Stored data entries
-------------------------

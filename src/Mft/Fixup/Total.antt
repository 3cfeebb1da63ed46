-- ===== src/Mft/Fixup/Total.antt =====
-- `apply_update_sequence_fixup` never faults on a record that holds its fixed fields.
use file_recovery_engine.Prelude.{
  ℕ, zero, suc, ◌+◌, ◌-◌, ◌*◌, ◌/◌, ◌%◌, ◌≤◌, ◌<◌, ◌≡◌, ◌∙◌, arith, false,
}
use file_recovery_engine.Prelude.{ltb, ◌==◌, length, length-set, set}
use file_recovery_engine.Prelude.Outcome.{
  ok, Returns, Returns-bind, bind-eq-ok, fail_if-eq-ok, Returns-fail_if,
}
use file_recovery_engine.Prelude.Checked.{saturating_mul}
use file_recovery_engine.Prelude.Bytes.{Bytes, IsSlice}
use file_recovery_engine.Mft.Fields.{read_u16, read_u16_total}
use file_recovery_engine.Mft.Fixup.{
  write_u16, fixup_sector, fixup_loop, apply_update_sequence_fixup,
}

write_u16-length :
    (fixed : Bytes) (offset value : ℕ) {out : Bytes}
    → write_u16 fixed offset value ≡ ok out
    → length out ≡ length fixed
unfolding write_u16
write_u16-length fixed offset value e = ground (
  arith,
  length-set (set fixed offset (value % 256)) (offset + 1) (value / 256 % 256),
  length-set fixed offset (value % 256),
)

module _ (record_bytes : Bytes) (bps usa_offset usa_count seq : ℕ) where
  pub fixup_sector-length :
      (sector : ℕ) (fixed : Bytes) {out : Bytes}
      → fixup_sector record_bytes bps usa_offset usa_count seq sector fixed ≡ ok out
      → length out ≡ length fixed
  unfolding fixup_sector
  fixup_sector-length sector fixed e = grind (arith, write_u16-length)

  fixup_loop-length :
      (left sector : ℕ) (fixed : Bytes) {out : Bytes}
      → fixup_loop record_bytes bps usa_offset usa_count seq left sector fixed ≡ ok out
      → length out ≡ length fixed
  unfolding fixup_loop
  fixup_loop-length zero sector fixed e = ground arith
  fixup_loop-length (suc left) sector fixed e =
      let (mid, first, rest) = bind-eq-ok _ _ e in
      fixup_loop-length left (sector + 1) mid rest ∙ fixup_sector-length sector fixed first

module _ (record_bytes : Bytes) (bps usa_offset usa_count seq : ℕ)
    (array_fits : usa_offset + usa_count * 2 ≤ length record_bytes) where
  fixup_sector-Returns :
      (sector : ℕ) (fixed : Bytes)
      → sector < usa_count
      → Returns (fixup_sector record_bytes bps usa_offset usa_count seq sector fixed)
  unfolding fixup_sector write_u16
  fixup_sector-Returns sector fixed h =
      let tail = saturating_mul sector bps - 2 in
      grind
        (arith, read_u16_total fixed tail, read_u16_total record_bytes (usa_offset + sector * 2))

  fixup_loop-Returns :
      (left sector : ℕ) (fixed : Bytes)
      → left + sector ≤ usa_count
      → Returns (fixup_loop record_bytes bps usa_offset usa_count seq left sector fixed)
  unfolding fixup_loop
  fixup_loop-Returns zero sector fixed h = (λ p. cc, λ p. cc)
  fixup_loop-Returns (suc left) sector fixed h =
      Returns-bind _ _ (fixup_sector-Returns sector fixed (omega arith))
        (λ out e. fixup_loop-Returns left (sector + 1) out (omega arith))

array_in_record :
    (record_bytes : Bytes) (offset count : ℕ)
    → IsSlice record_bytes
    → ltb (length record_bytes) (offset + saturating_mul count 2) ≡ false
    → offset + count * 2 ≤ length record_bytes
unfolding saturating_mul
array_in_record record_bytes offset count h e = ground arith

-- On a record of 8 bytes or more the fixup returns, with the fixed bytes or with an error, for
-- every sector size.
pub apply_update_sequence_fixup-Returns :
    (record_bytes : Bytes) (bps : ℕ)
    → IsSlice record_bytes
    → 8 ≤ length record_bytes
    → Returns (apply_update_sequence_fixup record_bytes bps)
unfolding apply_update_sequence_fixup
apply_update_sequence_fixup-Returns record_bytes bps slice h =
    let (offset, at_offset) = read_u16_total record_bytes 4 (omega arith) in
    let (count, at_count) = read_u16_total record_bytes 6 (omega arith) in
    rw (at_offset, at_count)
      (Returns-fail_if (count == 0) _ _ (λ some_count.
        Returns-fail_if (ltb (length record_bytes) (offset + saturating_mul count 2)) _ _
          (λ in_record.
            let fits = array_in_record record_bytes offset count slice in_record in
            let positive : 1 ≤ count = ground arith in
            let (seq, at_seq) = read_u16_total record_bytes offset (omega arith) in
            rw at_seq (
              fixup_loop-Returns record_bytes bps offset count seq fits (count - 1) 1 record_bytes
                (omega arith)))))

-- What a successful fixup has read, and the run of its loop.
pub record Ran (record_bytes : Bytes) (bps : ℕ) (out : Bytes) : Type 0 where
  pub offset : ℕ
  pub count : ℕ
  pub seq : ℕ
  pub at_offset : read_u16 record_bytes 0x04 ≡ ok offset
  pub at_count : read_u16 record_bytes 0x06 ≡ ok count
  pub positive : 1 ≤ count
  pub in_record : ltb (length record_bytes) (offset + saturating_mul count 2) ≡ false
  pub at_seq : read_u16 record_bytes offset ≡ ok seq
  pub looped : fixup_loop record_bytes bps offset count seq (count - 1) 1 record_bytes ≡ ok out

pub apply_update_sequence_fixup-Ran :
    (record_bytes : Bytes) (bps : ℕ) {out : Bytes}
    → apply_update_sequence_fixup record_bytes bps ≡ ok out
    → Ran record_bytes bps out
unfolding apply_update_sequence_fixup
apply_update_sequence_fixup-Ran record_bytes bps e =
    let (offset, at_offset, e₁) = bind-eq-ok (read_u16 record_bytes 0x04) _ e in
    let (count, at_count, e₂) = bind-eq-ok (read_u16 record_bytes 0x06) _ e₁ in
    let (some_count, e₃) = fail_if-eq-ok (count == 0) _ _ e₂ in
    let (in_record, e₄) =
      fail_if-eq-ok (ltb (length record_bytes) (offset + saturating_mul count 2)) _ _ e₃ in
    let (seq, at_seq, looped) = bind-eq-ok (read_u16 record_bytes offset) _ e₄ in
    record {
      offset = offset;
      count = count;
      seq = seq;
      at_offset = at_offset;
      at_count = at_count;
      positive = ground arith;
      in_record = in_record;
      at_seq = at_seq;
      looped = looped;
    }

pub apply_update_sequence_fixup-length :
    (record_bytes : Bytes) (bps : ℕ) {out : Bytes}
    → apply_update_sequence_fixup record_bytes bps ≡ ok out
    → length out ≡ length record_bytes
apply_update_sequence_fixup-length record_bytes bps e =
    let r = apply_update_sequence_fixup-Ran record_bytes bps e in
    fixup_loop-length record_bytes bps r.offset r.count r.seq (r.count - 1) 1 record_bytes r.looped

-------------------------

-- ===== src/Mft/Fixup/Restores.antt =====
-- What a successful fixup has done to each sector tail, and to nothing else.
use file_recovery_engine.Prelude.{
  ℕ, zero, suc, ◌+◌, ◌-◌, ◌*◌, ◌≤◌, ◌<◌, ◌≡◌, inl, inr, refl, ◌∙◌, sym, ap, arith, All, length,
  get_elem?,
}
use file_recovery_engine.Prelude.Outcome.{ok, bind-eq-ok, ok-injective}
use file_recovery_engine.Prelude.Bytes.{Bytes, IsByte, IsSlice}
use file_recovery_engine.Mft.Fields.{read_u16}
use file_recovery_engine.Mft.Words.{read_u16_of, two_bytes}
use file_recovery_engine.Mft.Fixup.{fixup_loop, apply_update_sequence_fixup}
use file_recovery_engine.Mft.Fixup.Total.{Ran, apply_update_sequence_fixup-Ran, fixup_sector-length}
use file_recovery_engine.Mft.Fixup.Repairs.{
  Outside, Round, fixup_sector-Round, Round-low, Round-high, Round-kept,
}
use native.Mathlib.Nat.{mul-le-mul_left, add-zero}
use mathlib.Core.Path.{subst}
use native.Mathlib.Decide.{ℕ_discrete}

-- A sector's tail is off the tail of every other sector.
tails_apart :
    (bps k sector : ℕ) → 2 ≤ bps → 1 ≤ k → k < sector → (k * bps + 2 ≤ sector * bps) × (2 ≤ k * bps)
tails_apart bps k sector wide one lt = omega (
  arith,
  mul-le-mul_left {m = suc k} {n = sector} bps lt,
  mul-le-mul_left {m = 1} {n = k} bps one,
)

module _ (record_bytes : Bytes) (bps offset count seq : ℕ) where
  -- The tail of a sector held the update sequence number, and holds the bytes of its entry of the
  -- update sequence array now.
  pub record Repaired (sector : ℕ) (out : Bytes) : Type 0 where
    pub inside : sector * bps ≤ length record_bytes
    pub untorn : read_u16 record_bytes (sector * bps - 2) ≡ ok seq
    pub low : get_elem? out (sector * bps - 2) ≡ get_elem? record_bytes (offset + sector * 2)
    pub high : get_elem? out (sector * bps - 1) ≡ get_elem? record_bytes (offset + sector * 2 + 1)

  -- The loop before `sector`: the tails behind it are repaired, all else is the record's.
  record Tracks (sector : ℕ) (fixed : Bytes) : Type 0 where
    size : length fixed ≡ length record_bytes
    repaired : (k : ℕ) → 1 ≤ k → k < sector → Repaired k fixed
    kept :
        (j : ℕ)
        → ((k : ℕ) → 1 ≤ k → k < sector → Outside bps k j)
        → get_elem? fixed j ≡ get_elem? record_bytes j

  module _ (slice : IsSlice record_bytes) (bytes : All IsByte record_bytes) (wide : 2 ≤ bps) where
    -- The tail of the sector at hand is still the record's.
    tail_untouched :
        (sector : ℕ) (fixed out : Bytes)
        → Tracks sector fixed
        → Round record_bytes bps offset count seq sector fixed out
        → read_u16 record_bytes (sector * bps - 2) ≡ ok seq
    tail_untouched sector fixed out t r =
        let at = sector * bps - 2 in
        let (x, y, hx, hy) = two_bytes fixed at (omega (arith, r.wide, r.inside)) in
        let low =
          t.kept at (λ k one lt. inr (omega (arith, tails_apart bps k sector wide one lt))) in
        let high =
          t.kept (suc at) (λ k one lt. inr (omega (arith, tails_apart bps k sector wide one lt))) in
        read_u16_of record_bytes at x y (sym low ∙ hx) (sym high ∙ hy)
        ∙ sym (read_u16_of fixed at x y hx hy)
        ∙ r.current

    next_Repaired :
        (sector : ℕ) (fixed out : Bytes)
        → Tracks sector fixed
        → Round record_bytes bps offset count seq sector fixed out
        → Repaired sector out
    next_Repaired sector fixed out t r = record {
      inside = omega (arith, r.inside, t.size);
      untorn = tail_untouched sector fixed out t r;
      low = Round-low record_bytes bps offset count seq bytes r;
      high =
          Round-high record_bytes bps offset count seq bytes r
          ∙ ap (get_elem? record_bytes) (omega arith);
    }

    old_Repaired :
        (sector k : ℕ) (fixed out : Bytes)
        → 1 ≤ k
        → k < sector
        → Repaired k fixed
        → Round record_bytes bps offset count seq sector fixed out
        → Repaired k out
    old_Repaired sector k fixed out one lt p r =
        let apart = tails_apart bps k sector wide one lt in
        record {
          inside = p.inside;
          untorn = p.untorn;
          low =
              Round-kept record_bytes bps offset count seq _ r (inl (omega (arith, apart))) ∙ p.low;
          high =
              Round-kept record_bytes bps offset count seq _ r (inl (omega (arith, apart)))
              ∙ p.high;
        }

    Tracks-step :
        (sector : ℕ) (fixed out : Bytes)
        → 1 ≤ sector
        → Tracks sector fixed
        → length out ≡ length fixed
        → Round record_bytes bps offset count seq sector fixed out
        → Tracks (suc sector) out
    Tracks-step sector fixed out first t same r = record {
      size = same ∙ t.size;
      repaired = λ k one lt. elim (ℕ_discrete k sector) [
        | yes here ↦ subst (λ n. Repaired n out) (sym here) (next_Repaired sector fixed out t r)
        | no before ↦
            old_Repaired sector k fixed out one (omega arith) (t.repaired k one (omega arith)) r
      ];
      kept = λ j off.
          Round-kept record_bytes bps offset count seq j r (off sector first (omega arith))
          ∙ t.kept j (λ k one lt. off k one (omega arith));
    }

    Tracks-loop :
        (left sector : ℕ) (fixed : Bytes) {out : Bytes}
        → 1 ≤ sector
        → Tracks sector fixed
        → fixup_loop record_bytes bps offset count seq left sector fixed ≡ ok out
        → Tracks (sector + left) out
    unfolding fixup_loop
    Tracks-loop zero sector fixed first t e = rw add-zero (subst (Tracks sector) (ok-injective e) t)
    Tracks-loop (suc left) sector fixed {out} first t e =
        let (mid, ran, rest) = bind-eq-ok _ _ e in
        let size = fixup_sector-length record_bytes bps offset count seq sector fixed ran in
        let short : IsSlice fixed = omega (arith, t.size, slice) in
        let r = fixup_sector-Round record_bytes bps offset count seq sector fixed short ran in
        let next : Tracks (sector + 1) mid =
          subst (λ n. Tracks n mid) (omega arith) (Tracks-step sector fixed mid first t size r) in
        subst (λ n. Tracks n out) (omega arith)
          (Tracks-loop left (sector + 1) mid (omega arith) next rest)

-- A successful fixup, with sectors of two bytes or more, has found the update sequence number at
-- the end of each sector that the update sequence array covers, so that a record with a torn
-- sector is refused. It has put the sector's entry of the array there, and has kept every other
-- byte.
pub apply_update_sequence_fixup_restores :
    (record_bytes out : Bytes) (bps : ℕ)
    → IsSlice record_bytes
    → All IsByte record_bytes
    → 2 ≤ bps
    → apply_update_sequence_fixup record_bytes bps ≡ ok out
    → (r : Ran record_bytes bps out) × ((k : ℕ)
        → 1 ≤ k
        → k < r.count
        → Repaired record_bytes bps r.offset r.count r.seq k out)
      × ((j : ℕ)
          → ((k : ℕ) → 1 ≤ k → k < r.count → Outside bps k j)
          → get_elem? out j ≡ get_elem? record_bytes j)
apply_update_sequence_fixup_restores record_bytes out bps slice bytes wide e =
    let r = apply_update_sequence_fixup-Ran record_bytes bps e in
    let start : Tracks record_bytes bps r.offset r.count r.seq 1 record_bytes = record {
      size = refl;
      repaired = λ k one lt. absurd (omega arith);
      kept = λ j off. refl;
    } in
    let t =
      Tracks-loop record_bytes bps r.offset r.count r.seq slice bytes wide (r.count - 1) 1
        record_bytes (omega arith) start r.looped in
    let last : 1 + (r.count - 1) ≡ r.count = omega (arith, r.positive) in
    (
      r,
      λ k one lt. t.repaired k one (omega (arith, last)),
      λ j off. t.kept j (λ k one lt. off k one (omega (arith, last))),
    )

-------------------------

What you are asked to do: Look above for the line with "(record_bytes out : Bytes) (bps : ℕ)"; retype exactly that line, every line after it up to the line with "r.seq k out)", and that line too, nothing else.

Task answer:
    (record_bytes out : Bytes) (bps : ℕ)
    → IsSlice record_bytes
    → All IsByte record_bytes
    → 2 ≤ bps
    → apply_update_sequence_fixup record_bytes bps ≡ ok out
    → (r : Ran record_bytes bps out) × ((k : ℕ)
        → 1 ≤ k
        → k < r.count
        → Repaired record_bytes bps r.offset r.count r.seq k out)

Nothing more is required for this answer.